**Dataset content:**
╭──

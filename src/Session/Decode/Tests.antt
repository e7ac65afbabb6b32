-- ===== src/Session/Decode/Tests.antt =====
-- Runs of the decode queue at concrete access units, and its theorems at inputs that meet their
-- hypotheses.
use booster_nx.Common.{ℕ, ◌≡◌, refl, true, false, some, none, List, [], ◌∷◌, map, arith}
use booster_nx.Session.H264.{contains_idr, idr_at}
use booster_nx.Session.Decode.{
  Decoder, Event, offer, take_one, stall, finish, decoded, max_queued_units, run, enqueue,
  admit_unit, take_unit, finish_unit, recycle, recycle_all,
}
use booster_nx.Session.Decode.Bound.{IsBounded, run-IsBounded}
use booster_nx.Session.Decode.Order.{Flows, offered, run-Flows}
use booster_nx.Session.Decode.Gate.{StartsWithIdr, run-StartsWithIdr}

abbrev new_decoder : Decoder
new_decoder = record {
  running = true;
  fps = 30;
  hardware = some true;
  queue = [];
  in_flight = none;
  pool = [];
  resync_required = false;
  reset_requested = false;
  keyframe_needed = false;
  drops = 0;
  reuses = 0;
  allocations = 0;
  high_water = 0;
  frames_decoded = 0;
  decode_errors = 0;
  last_decoded_us = 0;
  resets = 0;
}

abbrev key_unit : List ℕ
key_unit = 0 ∷ 0 ∷ 0 ∷ 1 ∷ 101 ∷ 7 ∷ []

abbrev delta_unit : List ℕ
delta_unit = 0 ∷ 0 ∷ 0 ∷ 1 ∷ 65 ∷ 7 ∷ []

queue_sizes : map max_queued_units (0 ∷ 30 ∷ 31 ∷ 60 ∷ 120 ∷ []) ≡ 2 ∷ 2 ∷ 3 ∷ 4 ∷ 4 ∷ []
unfolding max_queued_units
queue_sizes = refl

-- The queue overflows while the decoder thread works on an IDR; that IDR then lifts the gate.
abbrev race : List Event
race =
    offer key_unit 1 0
    ∷ take_one
    ∷ offer delta_unit 2 0
    ∷ offer delta_unit 3 0
    ∷ offer delta_unit 4 0
    ∷ finish (decoded 1) 10
    ∷ offer delta_unit 5 0
    ∷ take_one
    ∷ []

race_taken : map (λ u. u.rtp_timestamp) (run new_decoder race).1 ≡ 1 ∷ 5 ∷ []
unfolding run enqueue admit_unit take_unit finish_unit recycle recycle_all contains_idr idr_at
    max_queued_units
race_taken = refl

-- What comes between an IDR and the end of its decoding is dropped, what comes later is decoded.
abbrev gap : List Event
gap =
    stall
    ∷ offer key_unit 1 0
    ∷ offer delta_unit 2 0
    ∷ take_one
    ∷ finish (decoded 1) 10
    ∷ offer delta_unit 3 0
    ∷ take_one
    ∷ []

gap_taken : map (λ u. u.rtp_timestamp) (run new_decoder gap).1 ≡ 1 ∷ 3 ∷ []
unfolding run enqueue admit_unit take_unit finish_unit recycle recycle_all contains_idr idr_at
    max_queued_units
gap_taken = refl

run-IsBounded_example : IsBounded (run new_decoder race).0
unfolding max_queued_units
run-IsBounded_example = run-IsBounded new_decoder race (omega arith, omega arith, (omega arith, tt))

run-Flows_example :
    Flows new_decoder (offered new_decoder race) (run new_decoder race).1 (run new_decoder race).0
run-Flows_example = run-Flows new_decoder race

run-StartsWithIdr_example :
    StartsWithIdr (run (record new_decoder { resync_required = true }) race).1
run-StartsWithIdr_example =
    run-StartsWithIdr (record new_decoder { resync_required = true }) race (refl, tt, refl)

╰──

**Exercise description:**
Reply with an exact transcription of the material above.

**Output of the task:**
filename src/Session/Decode/Tests.antt
repository e7ac65afbabb6b32
-- ===== src/Session/Decode/Tests.antt =====
-- Runs of the decode queue at concrete access units, and its theorems at inputs that meet their
-- hypotheses.
use booster_nx.Common.{ℕ, ◌≡◌, refl, true, false, some, none, List, [], ◌∷◌, map, arith}
use booster_nx.Session.H264.{contains_idr, idr_at}
use booster_nx.Session.Decode.{
  Decoder, Event, offer, take_one, stall, finish, decoded, max_queued_units, run, enqueue,
  admit_unit, take_unit, finish_unit, recycle, recycle_all,
}
use booster_nx.Session.Decode.Bound.{IsBounded, run-IsBounded}
use booster_nx.Session.Decode.Order.{Flows, offered, run-Flows}
use booster_nx.Session.Decode.Gate.{StartsWithIdr, run-StartsWithIdr}

abbrev new_decoder : Decoder
new_decoder = record {
  running = true;
  fps = 30;
  hardware = some true;
  queue = [];
  in_flight = none;
  pool = [];
  resync_required = false;
  reset_requested = false;
  keyframe_needed = false;
  drops = 0;
  reuses = 0;
  allocations = 0;
  high_water = 0;
  frames_decoded = 0;
  decode_errors = 0;
  last_decoded_us = 0;
  resets = 0;
}

abbrev key_unit : List ℕ
key_unit = 0 ∷ 0 ∷ 0 ∷ 1 ∷ 101 ∷ 7 ∷ []

abbrev delta_unit : List ℕ
delta_unit = 0 ∷ 0 ∷ 0 ∷ 1 ∷ 65 ∷ 7 ∷ []

queue_sizes : map max_queued_units (0 ∷ 30 ∷ 31 ∷ 60 ∷ 120 ∷ []) ≡ 2 ∷ 2 ∷ 3 ∷ 4 ∷ 4 ∷ []
unfolding max_queued_units
queue_sizes = refl

-- The queue overflows while the decoder thread works on an IDR; that IDR then lifts the gate.
abbrev race : List Event
race =
    offer key_unit 1 0
    ∷ take_one
    ∷ offer delta_unit 2 0
    ∷ offer delta_unit 3 0
    ∷ offer delta_unit 4 0
    ∷ finish (decoded 1) 10
    ∷ offer delta_unit 5 0
    ∷ take_one
    ∷ []

race_taken : map (λ u. u.rtp_timestamp) (run new_decoder race).1 ≡ 1 ∷ 5 ∷ []
unfolding run enqueue admit_unit take_unit finish_unit recycle recycle_all contains_idr idr_at
    max_queued_units
race_taken = refl

-- What comes between an IDR and the end of its decoding is dropped, what comes later is decoded.
abbrev gap : List Event
gap =
    stall
    ∷ offer key_unit 1 0
    ∷ offer delta_unit 2 0
    ∷ take_one
    ∷ finish (decoded 1) 10
    ∷ offer delta_unit 3 0
    ∷ take_one
    ∷ []

gap_taken : map (λ u. u.rtp_timestamp) (run new_decoder gap).1 ≡ 1 ∷ 3 ∷ []
unfolding run enqueue admit_unit take_unit finish_unit recycle recycle_all contains_idr idr_at
    max_queued_units
gap_taken = refl

run-IsBounded_example : IsBounded (run new_decoder race).0
unfolding max_queued_units
run-IsBounded_example = run-IsBounded new_decoder race (omega arith, omega arith, (omega arith, tt))

run-Flows_example :
    Flows new_decoder (offered new_decoder race) (run new_decoder race).1 (run new_decoder race).0
run-Flows_example = run-Flows new_decoder race

run-StartsWithIdr_example :
    StartsWithIdr (run (record new_decoder { resync_required = true }) race).1
run-StartsWithIdr_example =
    run-StartsWithIdr (record new_decoder { resync_required = true }) race (refl, tt, refl)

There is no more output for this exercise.